### Source records
********************

-- ===== src/Ext4/Entries/Rename.antt =====
-- What is found under a name has it, and a renaming changes the bytes of the name only.
use fpga_emmc_card_reader.Base.{
  same_bytes-eq, ℕ, zero, suc, ◌+◌, ◌≤◌, ◌<◌, ◌≡◌, ◌⊎◌, inl, inr, refl, ◌∙◌, subst, arith, Bool,
  true, false, not, ◌&&◌, ◌||◌, Bool-cases, ==_iff, if◌then◌else◌, ◌==◌, none, some, leb, ltb,
  leb→le, length, slice, Bytes, byte_at, le16, ok,
}
use fpga_emmc_card_reader.Base.Blit.{blit, length-blit, byte_at-blit, slice-blit}
use fpga_emmc_card_reader.Ext4.Superblock.{Superblock}
use fpga_emmc_card_reader.Ext4.Inode.{Inode}
use fpga_emmc_card_reader.Ext4.Volume.{put?}
use fpga_emmc_card_reader.Ext4.Entries.{put_tail, is_named, named_from, renamed}

-- An entry at a place of the block, in use, with the name whole in the block.
abbrev pub IsNamed : Bytes → Bytes → ℕ → Type 0
IsNamed name block pos =
    (pos + 8 + length name ≤ length block) × (slice (pos + 8) (pos + 8 + length name) block ≡ name)

is_named-IsNamed :
    (name block : Bytes) (pos : ℕ) → is_named name block pos ≡ true → IsNamed name block pos
unfolding is_named
is_named-IsNamed name block pos h =
    let (rest, same) = both _ _ h in
    let (rest', inside) = both _ _ rest in
    let (rest'', _) = both _ _ rest' in
    let (_, count) = both _ _ rest'' in
    let size : byte_at block (pos + 6) ≡ length name = (==_iff _ _).0 count in
    let long : pos + 8 + byte_at block (pos + 6) ≤ length block = leb→le _ _ inside in
    (
      omega arith,
      subst (λ (n : ℕ). slice (pos + 8) (pos + 8 + n) block ≡ name) size (same_bytes-eq _ _ same),
    )
  where
    both : (a b : Bool) → (a && b) ≡ true → (a ≡ true) × (b ≡ true)
    both a b e = (ground arith, ground arith)

named_from-IsNamed :
    (fuel : ℕ) (name block : Bytes) (pos : ℕ) {found : ℕ}
    → named_from fuel name block pos ≡ some found
    → IsNamed name block found
unfolding named_from
named_from-IsNamed zero name block pos h = absurd (none_some h)
  where
    none_some : {a : ℕ} → none ≡ some a → ⊥
    none_some e = cc
named_from-IsNamed (suc fuel) name block pos {found = found} h =
    elim (Bool-cases (not (leb (pos + 8) (length block)) || (le16 block (pos + 4) == 0))) [
      | inl e ↦ absurd (none_some (rw e at h))
      | inr e ↦ elim (Bool-cases (is_named name block pos)) [
        | inl f ↦
            subst (λ (p : ℕ). IsNamed name block p) (some_inj (rw (e, f) at h))
              (is_named-IsNamed name block pos f)
        | inr f ↦ named_from-IsNamed fuel name block (pos + le16 block (pos + 4)) (rw (e, f) at h)
      ]
    ]
  where
    none_some : {a : ℕ} → none ≡ some a → ⊥
    none_some e = cc

    some_inj : {a b : ℕ} → some a ≡ some b → a ≡ b
    some_inj e = cc

-- Without `metadata_csum`, an entry that is found under a name is given a new one of the same length:
-- the block keeps its length, the name stands where the old one stood, and no other byte changes.
pub renamed-IsNamed :
    (sb : Superblock) (parent_ino : ℕ) (parent_inode : Inode) (old_name new_name block : Bytes)
    (pos : ℕ)
    → sb.metadata_csum ≡ false
    → length old_name ≡ length new_name
    → named_from (length block) old_name block 0 ≡ some pos
    → (block' : Bytes) × (renamed sb parent_ino parent_inode new_name pos block ≡ ok block')
      × (length block' ≡ length block)
      × IsNamed old_name block pos
      × IsNamed new_name block' pos
      × ((i : ℕ)
          → (i < pos + 8) ⊎ (pos + 8 + length new_name ≤ i)
          → byte_at block' i ≡ byte_at block i)
unfolding renamed put? put_tail
renamed-IsNamed sb parent_ino parent_inode old_name new_name block pos plain same found =
    let (room, old) = named_from-IsNamed (length block) old_name block 0 found in
    let room' : pos + 8 + length new_name ≤ length block = omega arith in
    let fits : leb (pos + 8 + length new_name) (length block) ≡ true = ground arith in
    let kept : length (blit (pos + 8) new_name block) ≡ length block =
      length-blit (pos + 8) new_name block (omega arith) in
    rw (fits, plain)
      (
        blit (pos + 8) new_name block,
        refl,
        kept,
        (room, old),
        (
          omega arith,
          slice-blit (pos + 8) (pos + 8 + length new_name) new_name block refl (omega arith),
        ),
        λ i side. outside i side room',
      )
  where
    outside :
        (i : ℕ)
        → (i < pos + 8) ⊎ (pos + 8 + length new_name ≤ i)
        → pos + 8 + length new_name ≤ length block
        → byte_at (blit (pos + 8) new_name block) i ≡ byte_at block i
    outside i side r =
        byte_at-blit (pos + 8) new_name block i r ∙ neither i (pos + 8) (length new_name) _ _ side
      where
        neither :
            (i a n x y : ℕ)
            → (i < a) ⊎ (a + n ≤ i)
            → (if leb a i && ltb i (a + n) then x else y) ≡ y
        neither i a n x y h = ground arith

********************

### Required work
Each line of the data should be given back exactly.

### Task solution
-- ===== src/Ext4/Entries/Rename.antt =====
-- What is found under a name has it, and a renaming changes the bytes of the name only.
use fpga_emmc_card_reader.Base.{
  same_bytes-eq, ℕ, zero, suc, ◌+◌, ◌≤◌, ◌<◌, ◌≡◌, ◌⊎◌, inl, inr, refl, ◌∙◌, subst, arith, Bool,
  true, false, not, ◌&&◌, ◌||◌, Bool-cases, ==_iff, if◌then◌else◌, ◌==◌, none, some, leb, ltb,
  leb→le, length, slice, Bytes, byte_at, le16, ok,
}
use fpga_emmc_card_reader.Base.Blit.{blit, length-blit, byte_at-blit, slice-blit}
use fpga_emmc_card_reader.Ext4.Superblock.{Superblock}
use fpga_emmc_card_reader.Ext4.Inode.{Inode}
use fpga_emmc_card_reader.Ext4.Volume.{put?}
use fpga_emmc_card_reader.Ext4.Entries.{put_tail, is_named, named_from, renamed}

-- An entry at a place of the block, in use, with the name whole in the block.
abbrev pub IsNamed : Bytes → Bytes → ℕ → Type 0
IsNamed name block pos =
    (pos + 8 + length name ≤ length block) × (slice (pos + 8) (pos + 8 + length name) block ≡ name)

is_named-IsNamed :
    (name block : Bytes) (pos : ℕ) → is_named name block pos ≡ true → IsNamed name block pos
unfolding is_named
is_named-IsNamed name block pos h =
    let (rest, same) = both _ _ h in
    let (rest', inside) = both _ _ rest in
    let (rest'', _) = both _ _ rest' in
    let (_, count) = both _ _ rest'' in
    let size : byte_at block (pos + 6) ≡ length name = (==_iff _ _).0 count in
    let long : pos + 8 + byte_at block (pos + 6) ≤ length block = leb→le _ _ inside in
    (
      omega arith,
      subst (λ (n : ℕ). slice (pos + 8) (pos + 8 + n) block ≡ name) size (same_bytes-eq _ _ same),
    )
  where
    both : (a b : Bool) → (a && b) ≡ true → (a ≡ true) × (b ≡ true)
    both a b e = (ground arith, ground arith)

named_from-IsNamed :
    (fuel : ℕ) (name block : Bytes) (pos : ℕ) {found : ℕ}
    → named_from fuel name block pos ≡ some found
    → IsNamed name block found
unfolding named_from
named_from-IsNamed zero name block pos h = absurd (none_some h)
  where
    none_some : {a : ℕ} → none ≡ some a → ⊥
    none_some e = cc
named_from-IsNamed (suc fuel) name block pos {found = found} h =
    elim (Bool-cases (not (leb (pos + 8) (length block)) || (le16 block (pos + 4) == 0))) [
      | inl e ↦ absurd (none_some (rw e at h))
      | inr e ↦ elim (Bool-cases (is_named name block pos)) [
        | inl f ↦
            subst (λ (p : ℕ). IsNamed name block p) (some_inj (rw (e, f) at h))
              (is_named-IsNamed name block pos f)
        | inr f ↦ named_from-IsNamed fuel name block (pos + le16 block (pos + 4)) (rw (e, f) at h)
      ]
    ]
  where
    none_some : {a : ℕ} → none ≡ some a → ⊥
    none_some e = cc

    some_inj : {a b : ℕ} → some a ≡ some b → a ≡ b
    some_inj e = cc

-- Without `metadata_csum`, an entry that is found under a name is given a new one of the same length:
-- the block keeps its length, the name stands where the old one stood, and no other byte changes.
pub renamed-IsNamed :
    (sb : Superblock) (parent_ino : ℕ) (parent_inode : Inode) (old_name new_name block : Bytes)
    (pos : ℕ)
    → sb.metadata_csum ≡ false
    → length old_name ≡ length new_name
    → named_from (length block) old_name block 0 ≡ some pos
    → (block' : Bytes) × (renamed sb parent_ino parent_inode new_name pos block ≡ ok block')
      × (length block' ≡ length block)
      × IsNamed old_name block pos
      × IsNamed new_name block' pos
      × ((i : ℕ)
          → (i < pos + 8) ⊎ (pos + 8 + length new_name ≤ i)
          → byte_at block' i ≡ byte_at block i)
unfolding renamed put? put_tail
renamed-IsNamed sb parent_ino parent_inode old_name new_name block pos plain same found =
    let (room, old) = named_from-IsNamed (length block) old_name block 0 found in
    let room' : pos + 8 + length new_name ≤ length block = omega arith in
    let fits : leb (pos + 8 + length new_name) (length block) ≡ true = ground arith in
    let kept : length (blit (pos + 8) new_name block) ≡ length block =
      length-blit (pos + 8) new_name block (omega arith) in
    rw (fits, plain)
      (
        blit (pos + 8) new_name block,
        refl,
        kept,
        (room, old),
        (
          omega arith,
          slice-blit (pos + 8) (pos + 8 + length new_name) new_name block refl (omega arith),
        ),
        λ i side. outside i side room',
      )
  where
    outside :
        (i : ℕ)
        → (i < pos + 8) ⊎ (pos + 8 + length new_name ≤ i)
        → pos + 8 + length new_name ≤ length block
        → byte_at (blit (pos + 8) new_name block) i ≡ byte_at block i
    outside i side r =
        byte_at-blit (pos + 8) new_name block i r ∙ neither i (pos + 8) (length new_name) _ _ side
      where
        neither :
            (i a n x y : ℕ)
            → (i < a) ⊎ (a + n ≤ i)
            → (if leb a i && ltb i (a + n) then x else y) ≡ y
        neither i a n x y h = ground arith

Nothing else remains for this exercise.